The Student News Source of Sparkman High School

Physical Loss is Not the Only Loss That Calls for Grieving

October 29, 2019

Merriam-Webster.com defines absence as a state or condition in which something expected, wanted or looked for is not present or does not exist. This is what my father was for a lot of my life, absent, at least mentally. 

Feb. 1,  2014 is a date I can never forget. I woke up as a little bright eyed 12-year-old girl that idolized her father and even though I did not realize it then, but my whole world would come slowly crashing down piece by piece.

This was the day I first ever found out my dad was using drugs. I remember my mom saying to me “your dad is sick, but we are gonna get him help to get better” and that was something I really did believe could happen. My father was everything to me when I was little, he was my hero and he could do no wrong in my eyes, very soon that fantasy would fade.

After overcoming his addiction for the first time, or what we thought had happened, months later I would witness my dad have his first relapse. Recovery had already been hard enough, the agonizing screams and cries amid the world still moving on, me continuing to do my school work and watching TV with my mom. 

Relapse was an entire different set of obstacles, the constant need for pills was the only thing he had on his mind at all times. Slowly time after time again my mom would help him get clean, only for weeks later to find out he was using again. 

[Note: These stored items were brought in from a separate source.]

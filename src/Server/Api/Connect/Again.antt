-- ===== src/Server/Api/Connect/Again.antt =====
-- Who is let in behind a client that was let in.
use securetunnel.Base.{ℕ, ◌≡◌, ◌≢◌, refl, sym, subst, inr, true, none, some, Text, arith}
use securetunnel.Server.Id.{tunnel_id, new_connection_id}
use securetunnel.Server.Tunnel.{Tunnel, PeerRef, Time, peer, token, is_open, status}
use securetunnel.Server.Store.{get_tunnel, get_connection}
use securetunnel.Server.Store.Table.{next_rev}
use securetunnel.Server.World.{
  Services, World, go, refuse, invalid_client_token, status_bad_request,
}
use securetunnel.Server.Api.Connect.{TunnelConnectArgs, validate, check, register, admit}
use securetunnel.Server.Api.Connect.Checks.{Admissible, check-Admissible, check-other_client}
use securetunnel.Server.Api.Connect.Registration.{taken_by, register-go}

pub admit-go :
    (svc : Services) (args : TunnelConnectArgs) (now : Time) (w w' : World) (t : Tunnel)
    (ref : PeerRef) (id : Text)
    → validate args ≡ none
    → check args now w ≡ (go (t, ref), w)
    → register svc args now t ref w ≡ (go id, w')
    → admit svc args now w ≡ (go id, w')
unfolding admit
admit-go svc args now w w' t ref id valid e f = ground arith

-- If a request meets the conditions of `TunnelConnect`, the connection id can be drawn and is free,
-- and the tunnel stands under the id of the token, then the request is let in; and as long as the
-- tunnel is open, the same request passes the checks again, and one that differs in its client
-- token is refused for that.
pub admit-again :
    (svc : Services) (args : TunnelConnectArgs) (now later : Time) (w : World) (t : Tunnel)
    (ref : PeerRef) (id : Text) (n : ℕ) (stranger : Text)
    → validate args ≡ none
    → Admissible args now w t ref
    → new_connection_id svc.id_token_gen (tunnel_id args.access_token) svc.draws w.draw
      ≡ some (id, n)
    → get_connection id w.store ≡ none
    → t.id ≡ tunnel_id args.access_token
    → is_open t later ≡ true
    → args.client_token ≢ stranger
    → (w' : World) × (admit svc args now w ≡ (go id, w'))
      × (check args later w' ≡ (go (record t { rev = next_rev t.rev }, ref), w'))
      × (check (record args { client_token = stranger }) later w'
          ≡ (refuse status_bad_request invalid_client_token, w'))
unfolding is_open status token peer
admit-again svc args now later w t ref id n stranger valid met drawn fresh own still differs =
    let (w', goes, connection, stored, taken) =
      register-go svc args now t ref w id n met.found drawn fresh met.pointed
        (subst (λ i. get_tunnel i w.store ≡ some t) (sym own) met.stored) in
    let t' : Tunnel = record t { rev = next_rev t.rev } in
    let found : get_tunnel (tunnel_id args.access_token) w'.store ≡ some t' =
      subst (λ i. get_tunnel i w'.store ≡ some t') own stored in
    (
      w',
      admit-go svc args now w w' t ref id valid (check-Admissible args now w t ref met) goes,
      check-Admissible args later w' t' ref (record {
        found = taken_by args id met.found;
        stored = found;
        has_token = met.has_token;
        pointer = met.pointer;
        pointed = taken;
        same_client = inr refl;
        is_opened = still;
      }),
      check-other_client (record args { client_token = stranger }) later w' t' ref
          (taken_by args id met.found) found met.has_token met.pointer taken (omega arith) differs,
    )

At one point my mother even made my dad quit his job. My father went from being the main supporter of our family to a stay-at-home father, even though I was the one taking care of my sister, cleaning and making sure everything that needed was done. My mom got a job and from that day forward he never held a steady job. He very quickly  lost all sense of time, memory and faded from the man that was my dad. I lost that man in the blink of an eye to something we tried so hard to help him overcome. 

The thing about fighting addiction though is that you have to want that for yourself, and obviously one tiny white pill was worth losing his family over.

My parents later got divorced and he moved out, my mom tried so hard for three years spending money on rehabilitation and detoxification but her efforts fell short in an attempt to find the man she had fallen in love with all those years ago. Even after moving out and losing it all he still continued to use drugs.

Through all this, my emotions were all over the place. I was not able to show my emotions while growing up. Today I am the exact opposite. The first few times he relapsed I was mainly confused about why he could not stop. Then it eventually became routine and something I expected to happen every few months. Later this turned into anger, anger for my sister and mother because he had hurt them both so much. Sadness was something that took me a long time to overcome, the overwhelming pain of losing my perfect little family and watching my father’s mind everlastingly decay.

I know my father is still alive today but I lost the man I called my dad, the man that gave me piggyback rides through Wal-Mart when my little four-year-old legs just couldn’t walk anymore. I lost the thing my whole world had once revolved around. Even though I did not lose my father in the sense that he had died, I lost him to something that consumed his life more than death ever could have, addiction.